## Material shown:
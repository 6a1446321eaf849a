-- ===== src/Mysql/XtraBackup/Chain.antt =====
-- `_chain` and `_create` of bdbackup/mysql/xtrabackup.py: links between incrementals.
pub mod Entries
pub use Entries.{Result-cases, bind-eq-ok, raise_if-eq-ok, committed, IsIncrementalOf}
use Entries.{Named, child, collect-Named, child_of-Named, drop_child-Named, Taken, child_of-Taken}
use bdbackup.Base.{
  ℕ, zero, suc, ◌+◌, ◌≡◌, refl, sym, ap, subst, inl, inr, ◌⊎◌, true, not, List, [], ◌∷◌, ◌++◌,
  arith, length, Bool-cases, Option-cases, ◌==◌, All, All-append, keep_if, Perm, perm_middle, map,
  map-append, if◌then◌else◌, append-nil, append_assoc, ◌∙◌,
}
use mathlib.Core.List.Perm
use bdbackup.Base.FilePath.{FilePath, path_eq, path_eq_sound}
use bdbackup.Mysql.XtraBackup.{
  BackupDir, Checkpoints, Children, Result, ok, err, checkpoints, valid_base, child_of, drop_child,
  adopt, collect, follow, chain, raise_if, ◌>>=◌, full_backuped, log_applied, full_prepared, other,
  BackupType, Error, unexpected_entry, different_full, broken_lsn, already_prepared,
  missing_parents,
}

-- `d` continues `p`: it names `p` as its parent, starts at the LSN where `p` ends, and has not been
-- prepared.
abbrev pub Continues : BackupDir → BackupDir → Type 0
Continues p d =
    Named (p.path, d)
    × ((c : Checkpoints) × (b : Checkpoints) × (checkpoints d ≡ ok c)
        × (checkpoints p ≡ ok b)
        × (c.from_lsn ≡ b.to_lsn))
    × (valid_base d ≡ true)

abbrev pub IsLinked : BackupDir → List BackupDir → Type 0
IsLinked p [] = Unit
IsLinked p (d ∷ ds) = Continues p d × IsLinked d ds

follow-IsLinked :
    (n : ℕ) (parent : BackupDir) (cs : Children) (ds : List BackupDir)
    → All Named cs
    → follow n parent cs ≡ ok ds
    → IsLinked parent ds
unfolding follow
follow-IsLinked zero parent cs ds k h = subst (IsLinked parent) {x = []} (ground arith) tt
follow-IsLinked (suc n) parent cs ds k h = elim (Option-cases (child_of parent.path cs)) [
  | inl e ↦ subst (IsLinked parent) {x = []} (ground arith) tt
  | inr (d, e) ↦ elim (Result-cases (checkpoints d)) [
    | inr (x, q) ↦ absurd (ground arith)
    | inl (c, q) ↦ elim (Result-cases (checkpoints parent)) [
      | inr (x, r) ↦ absurd (ground arith)
      | inl (b, r) ↦ elim (Result-cases (follow n d (drop_child parent.path cs))) [
        | inr (x, s) ↦ absurd (ground arith)
        | inl (rest, s) ↦ subst (IsLinked parent) {x = d ∷ rest} (ground arith) (
          (child_of-Named parent.path cs d k e, (c, b, q, r, ground arith), ground arith),
          follow-IsLinked n d (drop_child parent.path cs) rest (drop_child-Named parent.path cs k)
              s,
        )
      ]
    ]
  ]
]

-- The children that are followed, and those that are left.
abbrev Followed : (BackupDir → Type 0) → Children → List BackupDir → Type 0
Followed P cs ds =
    (left : List BackupDir) × Perm (map child cs) (ds ++ left)
    × (length cs ≡ length ds + length left)
    × (All P (map child cs) → All P ds)

length-child : (cs : Children) → length cs ≡ length (map child cs)
length-child [] = refl
length-child (c ∷ cs) = ap suc (length-child cs)

none-Followed :
    (P : BackupDir → Type 0) (cs : Children) (ds : List BackupDir) → [] ≡ ds → Followed P cs ds
none-Followed P cs ds e =
    subst (Followed P cs) e
      (map child cs, Perm.refl (map child cs), omega (arith, length-child cs), λ a. tt)

follow-Followed :
    (P : BackupDir → Type 0) (n : ℕ) (parent : BackupDir) (cs : Children) (ds : List BackupDir)
    → follow n parent cs ≡ ok ds
    → Followed P cs ds
unfolding follow
follow-Followed P zero parent cs ds h = none-Followed P cs ds (ground arith)
follow-Followed P (suc n) parent cs ds h = elim (Option-cases (child_of parent.path cs)) [
  | inl e ↦ none-Followed P cs ds (ground arith)
  | inr (d, e) ↦
      let (c, q, h1) = bind-eq-ok (checkpoints d) _ ds (rw (follow, e) at h) in
      let (b, r, h2) = bind-eq-ok (checkpoints parent) _ ds h1 in
      let (_, _, h3) = bind-eq-ok (raise_if (not (c.from_lsn == b.to_lsn)) broken_lsn) _ ds h2 in
      let (_, _, h4) = bind-eq-ok (raise_if (not (valid_base d)) already_prepared) _ ds h3 in
      let (rest, s, h5) = bind-eq-ok (follow n d (drop_child parent.path cs)) _ ds h4 in
      let (perm, many, each) = child_of-Taken P parent.path cs d e in
      let (left, more, count, all) = follow-Followed P n d (drop_child parent.path cs) rest s in
      subst (Followed P cs) {x = d ∷ rest} (ground arith) (
        left,
        Perm.trans perm (Perm.cons d more),
        omega (arith, many, count),
        λ a. let (x, y) = each a in (x, all y),
      )
]

nothing_left : {A : Type 0} (xs left : List A) → length left ≡ 0 → xs ++ left ≡ xs
nothing_left xs [] h = append-nil xs
nothing_left xs (x ∷ left) h = absurd (omega (arith, h))

-- A chain is complete and unbroken. If `_chain` returns, its incrementals are the committed entries in
-- another order, each exactly once, and the metadata of each says that it is an incremental of this
-- full. They form one line from the full: each names the one before it as its parent, starts at the
-- LSN where that one ends, and has not been prepared.
pub chain-IsLinked :
    (full : BackupDir) (entries ds : List BackupDir)
    → chain full entries ≡ ok ds
    → IsLinked full ds × Perm (committed entries) ds × All (IsIncrementalOf full.path) ds
unfolding chain
chain-IsLinked full entries ds h =
    let (cs, q, h1) = bind-eq-ok (collect full.path entries []) _ ds h in
    let (got, r, h2) = bind-eq-ok (follow (suc (length cs)) full cs) _ ds h1 in
    let (named, own, same) = collect-Named full.path entries [] cs tt tt q in
    let (left, perm, count, all) =
      follow-Followed (IsIncrementalOf full.path) (suc (length cs)) full cs got r in
    let e : got ≡ ds = ground arith in
    let many : length got ≡ length cs = ground arith in
    subst (λ l. IsLinked full l × Perm (committed entries) l × All (IsIncrementalOf full.path) l) e
      (
        follow-IsLinked (suc (length cs)) full cs got named r,
        subst (λ l. Perm (committed entries) l) (nothing_left got left (omega (arith, count, many)))
            (subst (λ l. Perm l (got ++ left)) same perm),
        all own,
      )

## Problem description:
Using only the entries above, output the line with "follow-IsLinked (suc n)", the line with "follow-Followed P zero", and all lines between them, exactly as they stand.

## Answer to this exercise:
follow-IsLinked (suc n) parent cs ds k h = elim (Option-cases (child_of parent.path cs)) [
  | inl e ↦ subst (IsLinked parent) {x = []} (ground arith) tt
  | inr (d, e) ↦ elim (Result-cases (checkpoints d)) [
    | inr (x, q) ↦ absurd (ground arith)
    | inl (c, q) ↦ elim (Result-cases (checkpoints parent)) [
      | inr (x, r) ↦ absurd (ground arith)
      | inl (b, r) ↦ elim (Result-cases (follow n d (drop_child parent.path cs))) [
        | inr (x, s) ↦ absurd (ground arith)
        | inl (rest, s) ↦ subst (IsLinked parent) {x = d ∷ rest} (ground arith) (
          (child_of-Named parent.path cs d k e, (c, b, q, r, ground arith), ground arith),
          follow-IsLinked n d (drop_child parent.path cs) rest (drop_child-Named parent.path cs k)
              s,
        )
      ]
    ]
  ]
]

-- The children that are followed, and those that are left.
abbrev Followed : (BackupDir → Type 0) → Children → List BackupDir → Type 0
Followed P cs ds =
    (left : List BackupDir) × Perm (map child cs) (ds ++ left)
    × (length cs ≡ length ds + length left)
    × (All P (map child cs) → All P ds)

length-child : (cs : Children) → length cs ≡ length (map child cs)
length-child [] = refl
length-child (c ∷ cs) = ap suc (length-child cs)

none-Followed :
    (P : BackupDir → Type 0) (cs : Children) (ds : List BackupDir) → [] ≡ ds → Followed P cs ds
none-Followed P cs ds e =
    subst (Followed P cs) e
      (map child cs, Perm.refl (map child cs), omega (arith, length-child cs), λ a. tt)

follow-Followed :
    (P : BackupDir → Type 0) (n : ℕ) (parent : BackupDir) (cs : Children) (ds : List BackupDir)
    → follow n parent cs ≡ ok ds
    → Followed P cs ds
unfolding follow
follow-Followed P zero parent cs ds h = none-Followed P cs ds (ground arith)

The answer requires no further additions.